At the rear of the Leitner Designs Bed Rack, I mounted a pair of SS2 white flood lights that allow me to see what’s going on when gearing up at the tailgate. I also have a set of SS1s facing forward at 45-degree angles so I can use them when getting ready in the morning. Another cool thing about TIR optics is that you can backlight them. The rear-facing SS2s have red backlighting, and the front SS1s are amber, so it increases my visibility to other drivers at night, which is nice because I often have so much gear in the bed that the third brake light on the back of the cab is blocked.


When hunting, I’m often alone—or at least the only vehicle—so I wanted to make sure that I could get out no matter what. I carry a Hi-Lift jack on the Leitner rack and have a Rough Country 12,000-pound winch in the front bumper with shackles on the front and rear. I think I’m ready for just about any situation. To my Recovery Kit, I also added a 30-foot, 20,000-pound tow strap, tree protector, Hi-Lift off-road base, traction boards, and a heavy-duty snatch block.
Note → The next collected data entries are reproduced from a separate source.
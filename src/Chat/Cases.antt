-- ===== src/Chat/Cases.antt =====
-- What an accepted message leaves in the tables.
use backend_bmo_blabs.Base.{
  ℕ, ◌≡◌, refl, ◌⊎◌, inl, inr, false, not, none, some, Result, ok, err, Bool-cases, Option-cases,
}
use backend_bmo_blabs.Chat.Rows.{SessionRow, Tables}
use backend_bmo_blabs.Chat.Lease.{Services, find_session}
use backend_bmo_blabs.Chat.Sessions.{
  Fault, AcceptedMessage, repeated, ChatMessageInput, FreshMessage, find_operation,
  existing_response, owns_device, is_taken, store_message, accept_message,
}

module _ (env : Services) where
  open env use {db}

  repeated_kept : (s : Tables) (r : Result Fault AcceptedMessage) → (repeated env s r).0 ≡ s
  unfolding repeated
  repeated_kept s (ok a) = refl
  repeated_kept s (err f) = refl

  -- A message is stored, or nothing is written.
  pub accept_cases :
      (user session : ℕ) (input : ChatMessageInput) (fresh : FreshMessage) (s : Tables)
      → ((accept_message env user session input fresh s).0 ≡ s)
        ⊎ ((q : SessionRow) × (find_session env user session s ≡ some q)
            × (find_operation env user input.idempotency_key s ≡ none)
            × (is_taken env user input fresh s ≡ false)
            × ((accept_message env user session input fresh s).0
                ≡ store_message env user session input fresh q s))
  unfolding accept_message
  accept_cases user session input fresh s =
      elim (Option-cases (find_operation env user input.idempotency_key s)) [
        | inr ((o, m), at) ↦
            inl
              (rw (at, accept_message) (repeated_kept s (existing_response env o m session input)))
        | inl new ↦ elim (Option-cases (find_session env user session s)) [
          | inl closed ↦ inl (rw (new, accept_message) (rw (closed) refl))
          | inr (q, here) ↦ elim (Bool-cases (not (owns_device env user input.device_id s))) [
            | inl foreign ↦ inl (rw (new, accept_message) (rw (here) (rw foreign refl)))
            | inr own ↦ elim (Bool-cases (is_taken env user input fresh s)) [
              | inl taken ↦ inl (rw (new, accept_message) (rw (here) (rw own (rw taken refl))))
              | inr free ↦
                  inr (
                    q,
                    here,
                    new,
                    free,
                    rw (new, accept_message) (rw (here) (rw own (rw free refl))),
                  )
            ]
          ]
        ]
      ]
The author uses a Grey Man Tactical organization unit for the interior.

Additions and Deletions

Future plans call for more ground clearance. I’m planning to add a bit of lift to the Tundra so I can run 35-inch tires to get the truck a little further off the ground. Toyota’s ESP traction control is great for on-road, but pretty much worthless when off-roading. In weird off-camber obstacles, the power is sent to the wheel with the least traction, so lockers will be added as well.

My goal for the build was to make the ultimate hunting truck, not an exclusive overlanding rig. Most overlanders these days are rocking a roof-top tent. While they are cool, they don’t meet my needs. If I’m camping, I’m also using the truck to hunt or explore, and I want to leave a base camp behind. Plus, roof-top tents add some unnecessary weight, to the already heavy load I’ve saddled the truck with from all the other accessories.

I’m not going to mention the bad fuel economy. I really don’t care about it until someone inevitably asks me about the gas mileage. Then I realize how thirsty the truck is. I’ve also had some mysterious rattling sounds since day one. It took the local Toyota dealer months to figure out that it was coming from a faulty windshield seal. I think all modern vehicles are too smart—sometimes you just want to rip it down a dirt road and drift around a turn. Without defeating modern traction-control systems, really putting the truck through the paces can be difficult.

In the end, I’ve set this this truck up to be ready for just about anything, and I love it. Hunting from it is a blast. There is a spot for everything and everything has a purpose. This is no mall crawler. It’s a purpose-built rig ready for the next hunt.